Using annexin V/PI double staining, the effect of TG on apoptosis in the cells was then examined. Using flow cytometry, and demonstrated in Fig. 3A, it was revealed that TG increased the apoptotic populations of HepG2 cells more significantly (P<0.01) compared with the HepG2.2.15 cells, as illustrated in Fig. 3B. In addition, to confirm the role of HBV, the HepG2.2.15 cells were treated with IFNα-2A, an anti-HBV drug, and the aforementioned experiments were repeated. When the HepG2.2.15 cells were treated with IFNα-2A and TG the HBV load decreased and the apoptosis rate increased compared with the HepG2.2.15 cells treated with TG (P<0.05), as demonstrated in Fig. 3B. PI staining was used to detect the cell cycle, as demonstrated in Fig. 4A. TG reduced the proportion of G2 phase cells (P<0.05), as illustrated in Fig. 4B. In the HepG2 cells, there were significant sub-apoptosis peaks at 96 h, which indicated that HBV may induce apoptosis to a lesser degree. Based on the cell cycle experiment, the HepG2.2.15 cells treated with IFNα-2A and TG exhibited sub-apoptosis peaks at 96 h, similar to the HepG2 cells, as illustrated in Fig. 4B. However, no difference was observed in the results of the MTT experiment with respect to IFNα-2A treatment: The ratio of the HepG2.2.15 cells treated with TG and IFNα-2A to the cells treated with TG alone at each time point was between 0.99 and 1.03. These results demonstrated that a reduced HBV load in the HepG2.2.15 cells may increase apoptosis, or HBV may inhibit the apoptosis induced by TG.
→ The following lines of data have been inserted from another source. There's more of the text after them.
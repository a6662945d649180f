-- ===== src/Zigbee/Bounds.antt =====
-- Where the reading of a frame in core_daemon/driver_cg_zigbee.c stays within its arrays.
use hsbsw.Prelude.{
  ℕ, ◌+◌, ◌-◌, ◌*◌, ◌≤◌, ◌<◌, ◌≡◌, ◌≢◌, ◌↔◌, arith, true, none, some, leb, Option-cases, inl, inr,
}
use hsbsw.Device.Types.{sample_op}
use hsbsw.Device.Registry.{dev_online}
use hsbsw.Device.System.{Reach}
use hsbsw.Device.System.Invariant.{IsValid}
use hsbsw.Device.System.Reached.{dev_online_total}
use hsbsw.Network.Field.{get_bytes, Buf, get_u8, get_u16, get_u32, advance}
use hsbsw.Zigbee.{
  CzInfo, CzBox, cz_drv, cz_dev_info, cz_find_by_mac, cz_register_device, cz_header_magic,
}
use hsbsw.Zigbee.Frame.{
  get_cz_info, deal_discovered, deal_event, deal_status_changed, deal_unsolicited, deal_answer,
  deal_recv_buf, read_into, monitor_frame,
}
use hsbsw.Zigbee.Ops.{memcpy}

get_cz_info-ne-none : (ptr : Buf) → 24 ≤ ptr.size → get_cz_info ptr ≢ none
unfolding get_cz_info get_bytes get_u8 get_u16 get_u32
get_cz_info-ne-none ptr h = ground (arith, h)

-- There is memory, and the box is well formed.
module _ (b : CzBox) (v : IsValid b.world.cb) (mem : b.world.cb.async.mem ≡ true) where
  cz_register_device-ne-none :
      (short_addr end_point : ℕ) (info : CzInfo)
      → cz_register_device short_addr end_point info b ≢ none
  unfolding cz_register_device
  cz_register_device-ne-none short_addr end_point info =
      elim (Option-cases (cz_find_by_mac b.queue info.mac)) [
        | inr (d, there) ↦ ground (arith, there)
        | inl n ↦ elim (Option-cases (dev_online cz_drv.id (cz_dev_info info) sample_op b.world)) [
          | inl f ↦
              absurd (dev_online_total cz_drv.id (cz_dev_info info) sample_op v Reach.here mem f)
          | inr (o, f) ↦ ground (arith, n, f)
        ]
      ]

  deal_discovered-ne-none :
      (ptr : Buf) (rlen short_addr end_point : ℕ)
      → 32 ≤ ptr.size
      → deal_discovered ptr rlen short_addr end_point b ≢ none
  unfolding deal_discovered
  deal_discovered-ne-none ptr rlen short_addr end_point h =
      elim (Option-cases (get_cz_info (advance 8 ptr))) [
        | inl n ↦ absurd (get_cz_info-ne-none (advance 8 ptr) (omega arith) n)
        | inr (info, i) ↦ ground (arith, i, cz_register_device-ne-none short_addr end_point info)
      ]

  deal_unsolicited-ne-none :
      (ptr : Buf) (cmd rlen short_addr end_point : ℕ)
      → 32 ≤ ptr.size
      → deal_unsolicited ptr cmd rlen short_addr end_point b ≢ none
  unfolding deal_unsolicited deal_event deal_status_changed get_u16 get_u32
  deal_unsolicited-ne-none ptr cmd rlen short_addr end_point h =
      ground (arith, h, deal_discovered-ne-none ptr rlen short_addr end_point h)

  deal_recv_buf-ne-none :
      (buf : Buf) (len : ℕ)
      → 44 ≤ buf.size
      → len ≤ buf.size
      → len ≤ b.ctl.recv_buf.size
      → deal_recv_buf buf len b ≢ none
  unfolding deal_recv_buf deal_answer memcpy get_u16
  deal_recv_buf-ne-none buf len h room room' =
      let field : ℕ → ℕ = λ off. buf.byte off + 256 * buf.byte (off + 1) in
      ground (
        arith,
        h,
        room,
        room',
        deal_unsolicited-ne-none (advance 12 buf) (field 12) (field 14) (field 6) (field 8)
            (omega arith),
      )

  -- A frame whose header says that it has `cmd_len` bytes, more than its header, and whose second read
  -- gives `ret` bytes, not more than asked for: reading it goes out of `rbuf`, which has 256 bytes,
  -- exactly if it gives more bytes than fit behind the header; else dealing with it makes no access
  -- out of an array, on a well-formed box while there is memory.
  pub monitor_frame-none_iff :
      (rbuf : Buf) (cmd_len : ℕ) (body : ℕ → ℕ) (ret : ℕ)
      → b.ctl.recv_buf.size ≡ 256
      → rbuf.size ≡ 256
      → get_u16 rbuf 0 ≡ some cz_header_magic
      → get_u16 rbuf 2 ≡ some cmd_len
      → 12 < cmd_len
      → ret ≤ cmd_len - 12
      → (monitor_frame rbuf 12 body ret b ≡ none) ↔ (256 < 12 + ret)
  unfolding monitor_frame read_into
  monitor_frame-none_iff rbuf cmd_len body ret room size m l long most =
      elim (Option-cases (read_into rbuf 12 body ret)) [
        | inl n ↦
            (λ e. ground (arith, n, size), λ h. rw (monitor_frame, m, l) (ground (arith, n, long)))
        | inr (r, i) ↦ (
          λ e. absurd (ground (arith, m, l, long, i, e, deals r i)),
          λ h. ground (arith, i, size, h),
        )
      ]
    where
      read_size : (r : Buf) → read_into rbuf 12 body ret ≡ some r → r.size ≡ 256
      read_size r i = ground (arith, i, size)

      deals :
          (r : Buf)
          → read_into rbuf 12 body ret ≡ some r
          → leb cmd_len (12 + ret) ≡ true
          → deal_recv_buf r cmd_len b ≢ none
      deals r i whole =
          deal_recv_buf-ne-none r cmd_len (omega (arith, read_size r i))
            (ground (arith, i, size, whole, read_size r i)) (ground (arith, i, size, whole, room))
To explore the mechanism underlying the associations between HBV, TG and apoptosis, the mRNA levels of 5 genes in 3 UPR pathways: The ATF6 gene in the ATF6 pathway; the XBP1 gene in the IRE1 pathway and the ATF4, CHOP and GADD34 genes in the PERK pathway, were examined. The ATF6, ATF4, CHOP and GADD34 genes were examined by qPCR, and XBP1 mRNA splicing was evaluated by RT-PCR. The results of these analyses are summarized in Fig. 5. The mRNA levels of CHOP, GADD34 and XBP1 increased significantly subsequent to TG treatment, as illustrated in Fig. 5A, and the mRNA levels of ATF6 and ATF4 exhibited increases, as demonstrated in Fig. 5B. According to this analysis, CHOP appeared to be the gene of greatest importance. Subsequent to TG treatment, the level of CHOP mRNA increased by 42- to 95-fold in the HepG2 cells, and 10- to 30-fold in the HepG2.2.15 cells. At each time point, the level of CHOP mRNA expression was significantly higher in the HepG2 cells compared with the HepG2.2.15 cells (P<0.001). When the HepG2.2.15 cells were treated with IFNα-2A and TG, the CHOP mRNA expression levels were 1.16 and 1.11-fold higher than the expression levels without IFNα-2A at 72 and 96 h (P<0.05). Western blotting also confirmed that the protein levels of CHOP were higher in the HepG2 cells than in the HepG2.2.15 cells at each time point subsequent to treatment with TG, as demonstrated in Fig. 6.

When CHOP was overexpressed in the HepG2.2.15 cells, the proliferation rate decreased by 6.5% at 24 h and 19.6% at 96 h, relative to the wild-type cells (P<0.01), whilst in contrast, CHOP knockdown in the HepG2 cells increased proliferation 8.1% at 24 h and 12.5% at 96 h (P<0.05), as demonstrated in Fig. 7.